Your objective: Keep only the lines that hold the string "published", filtering out the rest of the entries below.

Records for the task:
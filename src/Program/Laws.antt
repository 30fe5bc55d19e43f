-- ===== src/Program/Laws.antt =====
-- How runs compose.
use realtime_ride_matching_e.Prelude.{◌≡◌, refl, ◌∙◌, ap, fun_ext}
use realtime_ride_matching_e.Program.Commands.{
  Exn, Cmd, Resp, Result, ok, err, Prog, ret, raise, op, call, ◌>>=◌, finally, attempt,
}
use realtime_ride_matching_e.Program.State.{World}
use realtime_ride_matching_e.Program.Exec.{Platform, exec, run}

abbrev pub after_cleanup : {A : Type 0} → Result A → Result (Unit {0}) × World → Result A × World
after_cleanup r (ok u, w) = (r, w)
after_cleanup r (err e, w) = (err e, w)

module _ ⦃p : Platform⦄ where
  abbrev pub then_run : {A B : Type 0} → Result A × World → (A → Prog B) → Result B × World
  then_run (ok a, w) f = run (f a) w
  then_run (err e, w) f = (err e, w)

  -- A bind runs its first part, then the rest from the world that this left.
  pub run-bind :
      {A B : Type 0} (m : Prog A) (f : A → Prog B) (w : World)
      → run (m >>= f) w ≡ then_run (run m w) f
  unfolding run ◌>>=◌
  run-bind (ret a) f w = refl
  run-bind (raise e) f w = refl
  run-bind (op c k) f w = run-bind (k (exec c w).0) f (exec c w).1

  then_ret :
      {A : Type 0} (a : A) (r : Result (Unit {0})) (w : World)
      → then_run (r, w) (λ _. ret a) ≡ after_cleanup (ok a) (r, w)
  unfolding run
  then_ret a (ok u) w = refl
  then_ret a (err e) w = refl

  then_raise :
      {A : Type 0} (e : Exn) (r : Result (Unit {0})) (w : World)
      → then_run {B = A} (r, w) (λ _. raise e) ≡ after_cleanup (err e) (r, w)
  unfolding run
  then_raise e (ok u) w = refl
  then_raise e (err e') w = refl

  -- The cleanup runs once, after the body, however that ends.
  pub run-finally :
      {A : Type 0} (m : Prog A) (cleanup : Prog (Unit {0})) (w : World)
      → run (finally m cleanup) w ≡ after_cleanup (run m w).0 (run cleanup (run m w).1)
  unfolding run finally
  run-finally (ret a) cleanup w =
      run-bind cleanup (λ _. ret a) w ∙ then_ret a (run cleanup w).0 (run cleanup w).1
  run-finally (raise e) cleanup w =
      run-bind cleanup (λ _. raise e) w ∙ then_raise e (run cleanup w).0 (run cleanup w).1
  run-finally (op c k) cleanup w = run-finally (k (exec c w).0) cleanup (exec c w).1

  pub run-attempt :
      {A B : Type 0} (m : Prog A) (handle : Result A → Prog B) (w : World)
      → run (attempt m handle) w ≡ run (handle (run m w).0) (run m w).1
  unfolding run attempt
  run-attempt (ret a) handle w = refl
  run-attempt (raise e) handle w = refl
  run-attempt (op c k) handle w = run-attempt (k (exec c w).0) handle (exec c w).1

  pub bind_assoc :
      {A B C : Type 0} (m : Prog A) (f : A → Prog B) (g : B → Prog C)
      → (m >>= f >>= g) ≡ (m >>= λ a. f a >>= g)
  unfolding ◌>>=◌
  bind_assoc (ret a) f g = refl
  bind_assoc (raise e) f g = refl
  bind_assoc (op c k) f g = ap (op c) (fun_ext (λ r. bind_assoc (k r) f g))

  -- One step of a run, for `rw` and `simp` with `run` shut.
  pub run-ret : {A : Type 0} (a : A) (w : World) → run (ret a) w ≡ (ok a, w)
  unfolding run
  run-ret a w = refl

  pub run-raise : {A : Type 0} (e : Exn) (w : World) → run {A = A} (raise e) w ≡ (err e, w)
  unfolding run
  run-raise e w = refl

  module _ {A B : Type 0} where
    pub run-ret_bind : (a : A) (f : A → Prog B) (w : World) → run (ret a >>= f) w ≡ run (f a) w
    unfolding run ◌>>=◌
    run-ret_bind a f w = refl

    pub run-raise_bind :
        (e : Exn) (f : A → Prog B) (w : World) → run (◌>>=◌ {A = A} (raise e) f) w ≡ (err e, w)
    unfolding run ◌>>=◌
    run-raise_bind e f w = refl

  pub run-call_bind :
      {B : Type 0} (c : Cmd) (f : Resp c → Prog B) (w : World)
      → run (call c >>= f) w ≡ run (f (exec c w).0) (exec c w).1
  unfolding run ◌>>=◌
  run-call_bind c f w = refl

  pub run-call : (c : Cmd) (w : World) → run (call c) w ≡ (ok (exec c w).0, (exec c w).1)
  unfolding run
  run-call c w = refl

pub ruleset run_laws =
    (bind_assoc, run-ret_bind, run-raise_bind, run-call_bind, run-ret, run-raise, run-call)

...

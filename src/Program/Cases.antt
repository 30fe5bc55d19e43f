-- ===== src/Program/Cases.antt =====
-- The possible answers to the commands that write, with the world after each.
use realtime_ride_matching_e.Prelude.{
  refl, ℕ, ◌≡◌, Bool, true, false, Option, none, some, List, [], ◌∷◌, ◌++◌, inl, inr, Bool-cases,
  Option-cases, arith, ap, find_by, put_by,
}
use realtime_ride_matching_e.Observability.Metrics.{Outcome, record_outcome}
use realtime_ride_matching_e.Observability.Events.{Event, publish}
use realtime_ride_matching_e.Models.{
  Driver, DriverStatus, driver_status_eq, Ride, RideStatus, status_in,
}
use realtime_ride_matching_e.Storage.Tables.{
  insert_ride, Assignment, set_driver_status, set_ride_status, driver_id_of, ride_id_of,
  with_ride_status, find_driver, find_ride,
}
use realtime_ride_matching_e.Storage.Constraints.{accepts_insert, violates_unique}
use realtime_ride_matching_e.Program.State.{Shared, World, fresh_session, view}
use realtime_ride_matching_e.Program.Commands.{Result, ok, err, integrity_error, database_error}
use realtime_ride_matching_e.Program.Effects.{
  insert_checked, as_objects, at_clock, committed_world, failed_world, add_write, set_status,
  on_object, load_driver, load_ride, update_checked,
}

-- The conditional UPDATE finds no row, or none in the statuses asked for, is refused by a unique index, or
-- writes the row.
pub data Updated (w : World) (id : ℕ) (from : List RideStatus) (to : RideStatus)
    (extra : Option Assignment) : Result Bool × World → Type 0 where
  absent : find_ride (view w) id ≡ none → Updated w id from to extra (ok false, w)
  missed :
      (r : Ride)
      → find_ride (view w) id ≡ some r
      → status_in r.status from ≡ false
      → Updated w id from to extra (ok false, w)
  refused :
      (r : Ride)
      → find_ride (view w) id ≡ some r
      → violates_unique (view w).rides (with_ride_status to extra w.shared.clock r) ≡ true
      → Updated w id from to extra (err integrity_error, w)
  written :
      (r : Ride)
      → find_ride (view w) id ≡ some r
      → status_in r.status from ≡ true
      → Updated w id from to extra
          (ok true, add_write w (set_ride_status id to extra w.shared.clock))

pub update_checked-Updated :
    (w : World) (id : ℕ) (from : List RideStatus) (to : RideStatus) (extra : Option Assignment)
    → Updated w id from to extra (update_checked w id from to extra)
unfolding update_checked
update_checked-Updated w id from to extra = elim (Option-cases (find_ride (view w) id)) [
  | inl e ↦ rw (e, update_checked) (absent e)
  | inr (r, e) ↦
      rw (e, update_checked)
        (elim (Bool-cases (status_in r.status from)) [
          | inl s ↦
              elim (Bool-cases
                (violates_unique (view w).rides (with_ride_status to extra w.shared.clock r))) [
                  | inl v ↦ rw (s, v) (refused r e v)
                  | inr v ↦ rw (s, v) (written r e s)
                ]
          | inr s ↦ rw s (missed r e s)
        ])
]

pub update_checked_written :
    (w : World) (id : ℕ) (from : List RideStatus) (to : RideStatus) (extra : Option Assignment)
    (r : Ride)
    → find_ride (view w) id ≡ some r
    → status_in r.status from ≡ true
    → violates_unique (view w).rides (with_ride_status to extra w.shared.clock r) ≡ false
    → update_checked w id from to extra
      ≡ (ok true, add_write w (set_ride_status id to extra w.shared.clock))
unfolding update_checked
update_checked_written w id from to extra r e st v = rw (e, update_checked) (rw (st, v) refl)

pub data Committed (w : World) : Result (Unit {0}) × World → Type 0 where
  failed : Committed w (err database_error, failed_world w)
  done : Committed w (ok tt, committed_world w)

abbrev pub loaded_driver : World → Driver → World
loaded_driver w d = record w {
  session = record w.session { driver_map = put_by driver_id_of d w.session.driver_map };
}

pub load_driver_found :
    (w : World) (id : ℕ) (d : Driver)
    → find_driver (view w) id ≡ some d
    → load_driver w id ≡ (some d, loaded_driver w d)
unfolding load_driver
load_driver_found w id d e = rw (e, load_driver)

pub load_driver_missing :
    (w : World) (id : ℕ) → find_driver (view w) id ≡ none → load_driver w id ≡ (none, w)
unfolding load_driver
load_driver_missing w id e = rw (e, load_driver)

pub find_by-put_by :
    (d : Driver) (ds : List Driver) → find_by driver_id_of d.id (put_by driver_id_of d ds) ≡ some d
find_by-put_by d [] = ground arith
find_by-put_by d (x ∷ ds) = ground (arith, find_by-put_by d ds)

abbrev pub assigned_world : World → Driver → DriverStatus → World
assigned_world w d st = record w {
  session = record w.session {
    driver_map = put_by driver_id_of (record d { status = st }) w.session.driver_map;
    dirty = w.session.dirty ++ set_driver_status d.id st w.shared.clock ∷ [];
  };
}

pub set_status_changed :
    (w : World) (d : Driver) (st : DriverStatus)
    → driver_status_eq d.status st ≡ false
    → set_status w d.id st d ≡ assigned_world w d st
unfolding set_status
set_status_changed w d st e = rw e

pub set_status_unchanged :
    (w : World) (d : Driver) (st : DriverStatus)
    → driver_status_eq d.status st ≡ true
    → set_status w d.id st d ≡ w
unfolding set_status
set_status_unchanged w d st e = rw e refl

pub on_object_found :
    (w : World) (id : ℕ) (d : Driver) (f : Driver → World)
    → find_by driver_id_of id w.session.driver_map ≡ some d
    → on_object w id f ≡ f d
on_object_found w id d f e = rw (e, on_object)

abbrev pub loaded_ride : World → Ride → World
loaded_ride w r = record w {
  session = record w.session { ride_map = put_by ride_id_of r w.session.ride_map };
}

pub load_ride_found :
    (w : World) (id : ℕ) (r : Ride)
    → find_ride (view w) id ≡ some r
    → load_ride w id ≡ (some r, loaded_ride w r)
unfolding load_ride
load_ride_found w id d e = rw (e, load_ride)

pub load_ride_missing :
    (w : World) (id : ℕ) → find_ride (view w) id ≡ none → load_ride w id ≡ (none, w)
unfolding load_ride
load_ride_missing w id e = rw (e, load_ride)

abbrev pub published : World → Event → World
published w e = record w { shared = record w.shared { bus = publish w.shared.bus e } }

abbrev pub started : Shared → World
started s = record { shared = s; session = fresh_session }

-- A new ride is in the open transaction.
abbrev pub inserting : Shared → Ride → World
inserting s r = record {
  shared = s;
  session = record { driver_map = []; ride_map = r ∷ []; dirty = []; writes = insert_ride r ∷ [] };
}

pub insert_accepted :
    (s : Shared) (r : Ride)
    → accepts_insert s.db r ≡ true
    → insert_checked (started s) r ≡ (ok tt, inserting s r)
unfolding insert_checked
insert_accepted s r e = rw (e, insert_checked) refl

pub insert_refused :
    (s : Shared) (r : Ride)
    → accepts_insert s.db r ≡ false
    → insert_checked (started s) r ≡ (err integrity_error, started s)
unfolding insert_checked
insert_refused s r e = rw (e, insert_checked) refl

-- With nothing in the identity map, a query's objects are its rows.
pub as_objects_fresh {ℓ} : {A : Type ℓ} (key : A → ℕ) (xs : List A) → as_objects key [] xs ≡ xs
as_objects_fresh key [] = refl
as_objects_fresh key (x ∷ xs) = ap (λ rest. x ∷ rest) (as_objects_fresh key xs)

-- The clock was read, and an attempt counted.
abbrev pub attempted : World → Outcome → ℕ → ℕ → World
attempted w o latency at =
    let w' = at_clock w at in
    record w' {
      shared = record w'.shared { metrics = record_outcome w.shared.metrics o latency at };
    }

Answer to this task:
abbrev pub published : World → Event → World
published w e = record w { shared = record w.shared { bus = publish w.shared.bus e } }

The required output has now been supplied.